> **Data provided**
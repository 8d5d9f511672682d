-- ===== src/Http/Client/Config/Laws.antt =====
-- What `tlsuv_http_set_url` makes of a URL.
use tlsuv.Base.{◌≡◌, refl, Bytes, true, some, ◌++◌, case_eq_refl, take, length, [], ◌∷◌, ap, arith}
use tlsuv.Http.Client.{Client}
use tlsuv.Http.Client.Config.{scheme_is, adopt_url, http_set_url}

take-length-append : (xs ys : Bytes) → take (length xs) (xs ++ ys) ≡ xs
take-length-append [] ys = refl
take-length-append (x ∷ xs) ys = ap (◌∷◌ x) (take-length-append xs ys)

-- Every prefix of a name, the empty one too, is taken for the scheme of that name.
scheme_is-prefix : (scheme rest : Bytes) → scheme_is (scheme ++ rest) scheme ≡ true
unfolding scheme_is
scheme_is-prefix scheme rest = rw (take-length-append scheme rest) (case_eq_refl scheme)

-- Setting a URL never turns TLS off: a client that has used https stays with TLS for a http URL.
http_set_url-ssl :
    (c c' : Client) (text : Bytes) → http_set_url c text ≡ some c' → c.ssl ≡ true → c'.ssl ≡ true
unfolding http_set_url adopt_url
http_set_url-ssl c c' text e h = ground (arith, e, h)
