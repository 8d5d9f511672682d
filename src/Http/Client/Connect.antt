-- ===== src/Http/Client/Connect.antt =====
-- Connecting: the source's callback, the links, the TLS handshake, the timers.
use tlsuv.Base.{Bytes, true, false, Option, none, some, List, [], ◌∷◌, ◌++◌, if◌then◌else◌}
use tlsuv.Http.Types.{
  Uv, econnaborted, etimedout, Event, async_send, timer_stop, src_cancel, src_release, links_made,
  engine_freed,
}
use tlsuv.Http.Client.{
  Client, disconnected, connecting, handshaking, connected, fail_active_request, close_connection,
  ◌then_do◌, announce,
}

-- `make_links`: with TLS the handshake comes first; an engine for an older host is given up.
unfoldable pub make_links : Client → Client × List Event
make_links c =
    if c.ssl
    then (
      record c { host_change = false; has_engine = true; status = handshaking },
      (if c.host_change then engine_freed ∷ [] else []) ++ (links_made ∷ []),
    )
    else (record c { status = connected }, links_made ∷ async_send ∷ [])

-- `src_connect_cb`; the status 0 is `none`, and another comes with its text.
unfoldable pub src_connect_cb : Client → Option (Uv × Bytes) → Client × List Event
unfolding make_links
src_connect_cb c none = (c, timer_stop ∷ []) then_do λ c. elim c.status [
  | connecting ↦ make_links c
  | disconnected ↦ (c, src_cancel ∷ [])
  | handshaking ↦ (c, [])
  | connected ↦ (c, [])
]
src_connect_cb c (some (code, msg)) =
    (record c { status = disconnected }, timer_stop ∷ [])
    then_do (λ c. fail_active_request c code msg)
    then_do announce (async_send ∷ [])

-- `src_connect_timeout`, with the text of UV_ETIMEDOUT.
unfoldable pub src_connect_timeout : Client → Bytes → Client × List Event
src_connect_timeout c msg =
    src_connect_cb c (some (etimedout, msg)) then_do announce (src_cancel ∷ [])

-- The states of a handshake that the TLS link reports.
pub data Handshake : Type 0 where
  hs_complete hs_error hs_other : Handshake

-- `on_tls_handshake`, with the engine's text for an error.
unfoldable pub on_tls_handshake : Client → Handshake → Bytes → Client × List Event
on_tls_handshake c hs_complete err = (record c { status = connected }, async_send ∷ [])
on_tls_handshake c hs_error err =
    close_connection c then_do (λ c. fail_active_request c econnaborted err)
on_tls_handshake c hs_other err = close_connection c

-- `link_close_cb`, once the links are closed.
unfoldable pub link_close_cb : Client → Client × List Event
link_close_cb c = (c, src_release ∷ async_send ∷ [])

-- `idle_timeout`
unfoldable pub idle_timeout : Client → Client × List Event
idle_timeout c = close_connection c
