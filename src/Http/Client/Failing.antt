-- ===== src/Http/Client/Failing.antt =====
-- Who is told when the requests of a client fail.
use tlsuv.Base.{ℕ, ◌≡◌, Option, none, some, List, [], ◌∷◌, ◌++◌}
use tlsuv.Http.Types.{Req, Code, Event, responded}
use tlsuv.Http.Client.{Client}

-- The calls of `resp_cb` in a list of events: which request, and with what code.
unfoldable pub told : List Event → List (ℕ × Code)
told [] = []
told (responded id code status headers ∷ es) = (id, code) ∷ told es
told (_ ∷ es) = told es

-- The requests that have a `resp_cb`, each with the code.
abbrev with_callback : Req → Code → List (ℕ × Code)
with_callback r code = elim r.resp_cb [ none ↦ [] | some wants ↦ (r.id, code) ∷ [] ]

unfoldable pub callbacks : List Req → Code → List (ℕ × Code)
callbacks [] code = []
callbacks (r ∷ rs) code = with_callback r code ++ callbacks rs code

abbrev pub active_list : Option Req → List Req
active_list none = []
active_list (some r) = r ∷ []

-- The active request is there and has no `resp_cb`.
abbrev pub HasNone : Option Req → Type 0
HasNone o = (r : Req) × (o ≡ some r) × (r.resp_cb ≡ none)
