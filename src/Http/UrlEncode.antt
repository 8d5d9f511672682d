-- ===== src/Http/UrlEncode.antt =====
-- `write_url_encoded` of src/http_req.c, where `char` is signed as on x86: a byte from 128 on is
-- below the space.
pub mod Decode
use tlsuv.Base.{
  ℕ, ◌+◌, ◌-◌, ◌/◌, bit_and, Bytes, Bool, true, false, ◌||◌, List, [], ◌∷◌, ◌++◌, leb, ltb, ◌==◌,
  codes, if◌then◌else◌,
}

-- `strchr(unsafe, c) != NULL` for a byte that is not the NUL.
abbrev pub occurs : ℕ → Bytes → Bool
occurs c [] = false
occurs c (d ∷ ds) = c == d || occurs c ds

abbrev unsafe : Bytes
unsafe = codes "\"<>%{}|\\^`"

unfoldable pub hexify : ℕ → ℕ
hexify c = if ltb c 10 then b'0' + c else b'A' + c - 10

-- `*url <= ' ' || strchr(unsafe, *url) != NULL`, where `char` is signed: a byte from 128 on is
-- negative.
unfoldable pub is_escaped : ℕ → Bool
is_escaped c = leb c b' ' || leb 128 c || occurs c unsafe

unfoldable pub encode_byte : ℕ → Bytes
encode_byte c =
    if is_escaped c
    then b'%' ∷ hexify (bit_and (c / 16) 0xf) ∷ hexify (bit_and c 0xf) ∷ []
    else c ∷ []

-- What is stored from `buf` on; the result is its length.
unfoldable pub write_url_encoded : Bytes → Bytes
write_url_encoded [] = []
write_url_encoded (c ∷ url) = encode_byte c ++ write_url_encoded url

> **What the exercise asks**
Output the data exactly, in full.

> **Task solution**
repository 8d5d9f511672682d
-- ===== src/Http/Client/Config/Laws.antt =====
-- What `tlsuv_http_set_url` makes of a URL.
use tlsuv.Base.{◌≡◌, refl, Bytes, true, some, ◌++◌, case_eq_refl, take, length, [], ◌∷◌, ap, arith}
use tlsuv.Http.Client.{Client}
use tlsuv.Http.Client.Config.{scheme_is, adopt_url, http_set_url}

take-length-append : (xs ys : Bytes) → take (length xs) (xs ++ ys) ≡ xs
take-length-append [] ys = refl
take-length-append (x ∷ xs) ys = ap (◌∷◌ x) (take-length-append xs ys)

-- Every prefix of a name, the empty one too, is taken for the scheme of that name.
scheme_is-prefix : (scheme rest : Bytes) → scheme_is (scheme ++ rest) scheme ≡ true
unfolding scheme_is
scheme_is-prefix scheme rest = rw (take-length-append scheme rest) (case_eq_refl scheme)

-- Setting a URL never turns TLS off: a client that has used https stays with TLS for a http URL.
http_set_url-ssl :
    (c c' : Client) (text : Bytes) → http_set_url c text ≡ some c' → c.ssl ≡ true → c'.ssl ≡ true
unfolding http_set_url adopt_url
http_set_url-ssl c c' text e h = ground (arith, e, h)
repository 8d5d9f511672682d
filename src/Http/Client/Connect.antt
-- ===== src/Http/Client/Connect.antt =====
-- Connecting: the source's callback, the links, the TLS handshake, the timers.
use tlsuv.Base.{Bytes, true, false, Option, none, some, List, [], ◌∷◌, ◌++◌, if◌then◌else◌}
use tlsuv.Http.Types.{
  Uv, econnaborted, etimedout, Event, async_send, timer_stop, src_cancel, src_release, links_made,
  engine_freed,
}
use tlsuv.Http.Client.{
  Client, disconnected, connecting, handshaking, connected, fail_active_request, close_connection,
  ◌then_do◌, announce,
}

-- `make_links`: with TLS the handshake comes first; an engine for an older host is given up.
unfoldable pub make_links : Client → Client × List Event
make_links c =
    if c.ssl
    then (
      record c { host_change = false; has_engine = true; status = handshaking },
      (if c.host_change then engine_freed ∷ [] else []) ++ (links_made ∷ []),
    )
    else (record c { status = connected }, links_made ∷ async_send ∷ [])

-- `src_connect_cb`; the status 0 is `none`, and another comes with its text.
unfoldable pub src_connect_cb : Client → Option (Uv × Bytes) → Client × List Event
unfolding make_links
src_connect_cb c none = (c, timer_stop ∷ []) then_do λ c. elim c.status [
  | connecting ↦ make_links c
  | disconnected ↦ (c, src_cancel ∷ [])
  | handshaking ↦ (c, [])
  | connected ↦ (c, [])
]
src_connect_cb c (some (code, msg)) =
    (record c { status = disconnected }, timer_stop ∷ [])
    then_do (λ c. fail_active_request c code msg)
    then_do announce (async_send ∷ [])

-- `src_connect_timeout`, with the text of UV_ETIMEDOUT.
unfoldable pub src_connect_timeout : Client → Bytes → Client × List Event
src_connect_timeout c msg =
    src_connect_cb c (some (etimedout, msg)) then_do announce (src_cancel ∷ [])

-- The states of a handshake that the TLS link reports.
pub data Handshake : Type 0 where
  hs_complete hs_error hs_other : Handshake

-- `on_tls_handshake`, with the engine's text for an error.
unfoldable pub on_tls_handshake : Client → Handshake → Bytes → Client × List Event
on_tls_handshake c hs_complete err = (record c { status = connected }, async_send ∷ [])
on_tls_handshake c hs_error err =
    close_connection c then_do (λ c. fail_active_request c econnaborted err)
on_tls_handshake c hs_other err = close_connection c

-- `link_close_cb`, once the links are closed.
unfoldable pub link_close_cb : Client → Client × List Event
link_close_cb c = (c, src_release ∷ async_send ∷ [])

-- `idle_timeout`
unfoldable pub idle_timeout : Client → Client × List Event
idle_timeout c = close_connection c
filename src/Http/Client/Failing.antt
-- ===== src/Http/Client/Failing.antt =====
-- Who is told when the requests of a client fail.
use tlsuv.Base.{ℕ, ◌≡◌, Option, none, some, List, [], ◌∷◌, ◌++◌}
use tlsuv.Http.Types.{Req, Code, Event, responded}
use tlsuv.Http.Client.{Client}

-- The calls of `resp_cb` in a list of events: which request, and with what code.
unfoldable pub told : List Event → List (ℕ × Code)
told [] = []
told (responded id code status headers ∷ es) = (id, code) ∷ told es
told (_ ∷ es) = told es

-- The requests that have a `resp_cb`, each with the code.
abbrev with_callback : Req → Code → List (ℕ × Code)
with_callback r code = elim r.resp_cb [ none ↦ [] | some wants ↦ (r.id, code) ∷ [] ]

unfoldable pub callbacks : List Req → Code → List (ℕ × Code)
callbacks [] code = []
callbacks (r ∷ rs) code = with_callback r code ++ callbacks rs code

abbrev pub active_list : Option Req → List Req
active_list none = []
active_list (some r) = r ∷ []

-- The active request is there and has no `resp_cb`.
abbrev pub HasNone : Option Req → Type 0
HasNone o = (r : Req) × (o ≡ some r) × (r.resp_cb ≡ none)
filename src/Http/UrlEncode.antt
repository 8d5d9f511672682d
-- ===== src/Http/UrlEncode.antt =====
-- `write_url_encoded` of src/http_req.c, where `char` is signed as on x86: a byte from 128 on is
-- below the space.
pub mod Decode
use tlsuv.Base.{
  ℕ, ◌+◌, ◌-◌, ◌/◌, bit_and, Bytes, Bool, true, false, ◌||◌, List, [], ◌∷◌, ◌++◌, leb, ltb, ◌==◌,
  codes, if◌then◌else◌,
}

-- `strchr(unsafe, c) != NULL` for a byte that is not the NUL.
abbrev pub occurs : ℕ → Bytes → Bool
occurs c [] = false
occurs c (d ∷ ds) = c == d || occurs c ds

abbrev unsafe : Bytes
unsafe = codes "\"<>%{}|\\^`"

unfoldable pub hexify : ℕ → ℕ
hexify c = if ltb c 10 then b'0' + c else b'A' + c - 10

-- `*url <= ' ' || strchr(unsafe, *url) != NULL`, where `char` is signed: a byte from 128 on is
-- negative.
unfoldable pub is_escaped : ℕ → Bool
is_escaped c = leb c b' ' || leb 128 c || occurs c unsafe

unfoldable pub encode_byte : ℕ → Bytes
encode_byte c =
    if is_escaped c
    then b'%' ∷ hexify (bit_and (c / 16) 0xf) ∷ hexify (bit_and c 0xf) ∷ []
    else c ∷ []

-- What is stored from `buf` on; the result is its length.
unfoldable pub write_url_encoded : Bytes → Bytes
write_url_encoded [] = []
write_url_encoded (c ∷ url) = encode_byte c ++ write_url_encoded url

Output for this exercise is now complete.